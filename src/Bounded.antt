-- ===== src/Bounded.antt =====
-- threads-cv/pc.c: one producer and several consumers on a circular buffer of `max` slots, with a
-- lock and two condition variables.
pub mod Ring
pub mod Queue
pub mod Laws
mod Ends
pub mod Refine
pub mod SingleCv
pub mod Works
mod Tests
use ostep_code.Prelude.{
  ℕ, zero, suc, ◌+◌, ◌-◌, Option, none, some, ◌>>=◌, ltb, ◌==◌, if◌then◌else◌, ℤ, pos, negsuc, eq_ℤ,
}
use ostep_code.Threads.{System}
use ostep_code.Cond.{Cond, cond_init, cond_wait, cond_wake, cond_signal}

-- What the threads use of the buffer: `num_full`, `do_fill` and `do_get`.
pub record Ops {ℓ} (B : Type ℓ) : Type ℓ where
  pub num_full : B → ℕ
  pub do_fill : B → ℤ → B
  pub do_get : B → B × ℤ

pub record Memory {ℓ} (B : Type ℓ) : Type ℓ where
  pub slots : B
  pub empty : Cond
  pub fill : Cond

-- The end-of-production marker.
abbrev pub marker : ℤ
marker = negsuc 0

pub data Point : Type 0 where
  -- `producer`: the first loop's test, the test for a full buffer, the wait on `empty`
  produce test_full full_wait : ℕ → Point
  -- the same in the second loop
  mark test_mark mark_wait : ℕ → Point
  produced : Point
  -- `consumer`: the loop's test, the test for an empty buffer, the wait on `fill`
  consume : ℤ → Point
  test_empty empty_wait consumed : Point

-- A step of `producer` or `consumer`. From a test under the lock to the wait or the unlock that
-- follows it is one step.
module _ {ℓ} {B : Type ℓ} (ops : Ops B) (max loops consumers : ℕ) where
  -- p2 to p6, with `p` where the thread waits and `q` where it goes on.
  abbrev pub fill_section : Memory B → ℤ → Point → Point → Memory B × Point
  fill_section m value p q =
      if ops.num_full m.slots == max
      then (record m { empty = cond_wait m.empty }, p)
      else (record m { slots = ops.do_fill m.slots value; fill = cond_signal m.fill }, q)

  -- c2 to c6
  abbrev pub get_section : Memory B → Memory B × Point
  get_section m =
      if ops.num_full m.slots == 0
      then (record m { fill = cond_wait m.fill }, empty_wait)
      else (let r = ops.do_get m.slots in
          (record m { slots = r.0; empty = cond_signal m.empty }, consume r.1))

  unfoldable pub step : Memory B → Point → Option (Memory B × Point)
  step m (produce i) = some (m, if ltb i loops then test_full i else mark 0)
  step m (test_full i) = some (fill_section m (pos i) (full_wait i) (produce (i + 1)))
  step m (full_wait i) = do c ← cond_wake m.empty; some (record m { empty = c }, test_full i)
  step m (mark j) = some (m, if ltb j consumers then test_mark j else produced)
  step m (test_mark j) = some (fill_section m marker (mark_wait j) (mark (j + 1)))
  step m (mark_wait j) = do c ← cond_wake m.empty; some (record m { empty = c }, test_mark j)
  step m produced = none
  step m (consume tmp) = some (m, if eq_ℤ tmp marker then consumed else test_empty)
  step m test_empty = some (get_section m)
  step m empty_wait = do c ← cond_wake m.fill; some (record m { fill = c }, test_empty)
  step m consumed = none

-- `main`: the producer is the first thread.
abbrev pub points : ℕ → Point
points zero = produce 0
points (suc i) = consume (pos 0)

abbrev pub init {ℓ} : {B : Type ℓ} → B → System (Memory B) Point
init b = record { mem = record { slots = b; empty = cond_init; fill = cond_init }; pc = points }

- [WHAT TO DO]: Retype the whole listing, matching it exactly.

- [ANSWER FOR THE TASK]:
filename src/Bounded.antt
-- ===== src/Bounded.antt =====
-- threads-cv/pc.c: one producer and several consumers on a circular buffer of `max` slots, with a
-- lock and two condition variables.
pub mod Ring
pub mod Queue
pub mod Laws
mod Ends
pub mod Refine
pub mod SingleCv
pub mod Works
mod Tests
use ostep_code.Prelude.{
  ℕ, zero, suc, ◌+◌, ◌-◌, Option, none, some, ◌>>=◌, ltb, ◌==◌, if◌then◌else◌, ℤ, pos, negsuc, eq_ℤ,
}
use ostep_code.Threads.{System}
use ostep_code.Cond.{Cond, cond_init, cond_wait, cond_wake, cond_signal}

-- What the threads use of the buffer: `num_full`, `do_fill` and `do_get`.
pub record Ops {ℓ} (B : Type ℓ) : Type ℓ where
  pub num_full : B → ℕ
  pub do_fill : B → ℤ → B
  pub do_get : B → B × ℤ

pub record Memory {ℓ} (B : Type ℓ) : Type ℓ where
  pub slots : B
  pub empty : Cond
  pub fill : Cond

-- The end-of-production marker.
abbrev pub marker : ℤ
marker = negsuc 0

pub data Point : Type 0 where
  -- `producer`: the first loop's test, the test for a full buffer, the wait on `empty`
  produce test_full full_wait : ℕ → Point
  -- the same in the second loop
  mark test_mark mark_wait : ℕ → Point
  produced : Point
  -- `consumer`: the loop's test, the test for an empty buffer, the wait on `fill`
  consume : ℤ → Point
  test_empty empty_wait consumed : Point

-- A step of `producer` or `consumer`. From a test under the lock to the wait or the unlock that
-- follows it is one step.
module _ {ℓ} {B : Type ℓ} (ops : Ops B) (max loops consumers : ℕ) where
  -- p2 to p6, with `p` where the thread waits and `q` where it goes on.
  abbrev pub fill_section : Memory B → ℤ → Point → Point → Memory B × Point
  fill_section m value p q =
      if ops.num_full m.slots == max
      then (record m { empty = cond_wait m.empty }, p)
      else (record m { slots = ops.do_fill m.slots value; fill = cond_signal m.fill }, q)

  -- c2 to c6
  abbrev pub get_section : Memory B → Memory B × Point
  get_section m =
      if ops.num_full m.slots == 0
      then (record m { fill = cond_wait m.fill }, empty_wait)
      else (let r = ops.do_get m.slots in
          (record m { slots = r.0; empty = cond_signal m.empty }, consume r.1))

  unfoldable pub step : Memory B → Point → Option (Memory B × Point)
  step m (produce i) = some (m, if ltb i loops then test_full i else mark 0)
  step m (test_full i) = some (fill_section m (pos i) (full_wait i) (produce (i + 1)))
  step m (full_wait i) = do c ← cond_wake m.empty; some (record m { empty = c }, test_full i)
  step m (mark j) = some (m, if ltb j consumers then test_mark j else produced)
  step m (test_mark j) = some (fill_section m marker (mark_wait j) (mark (j + 1)))
  step m (mark_wait j) = do c ← cond_wake m.empty; some (record m { empty = c }, test_mark j)
  step m produced = none
  step m (consume tmp) = some (m, if eq_ℤ tmp marker then consumed else test_empty)
  step m test_empty = some (get_section m)
  step m empty_wait = do c ← cond_wake m.fill; some (record m { fill = c }, test_empty)
  step m consumed = none

-- `main`: the producer is the first thread.
abbrev pub points : ℕ → Point
points zero = produce 0
points (suc i) = consume (pos 0)

abbrev pub init {ℓ} : {B : Type ℓ} → B → System (Memory B) Point
init b = record { mem = record { slots = b; empty = cond_init; fill = cond_init }; pc = points }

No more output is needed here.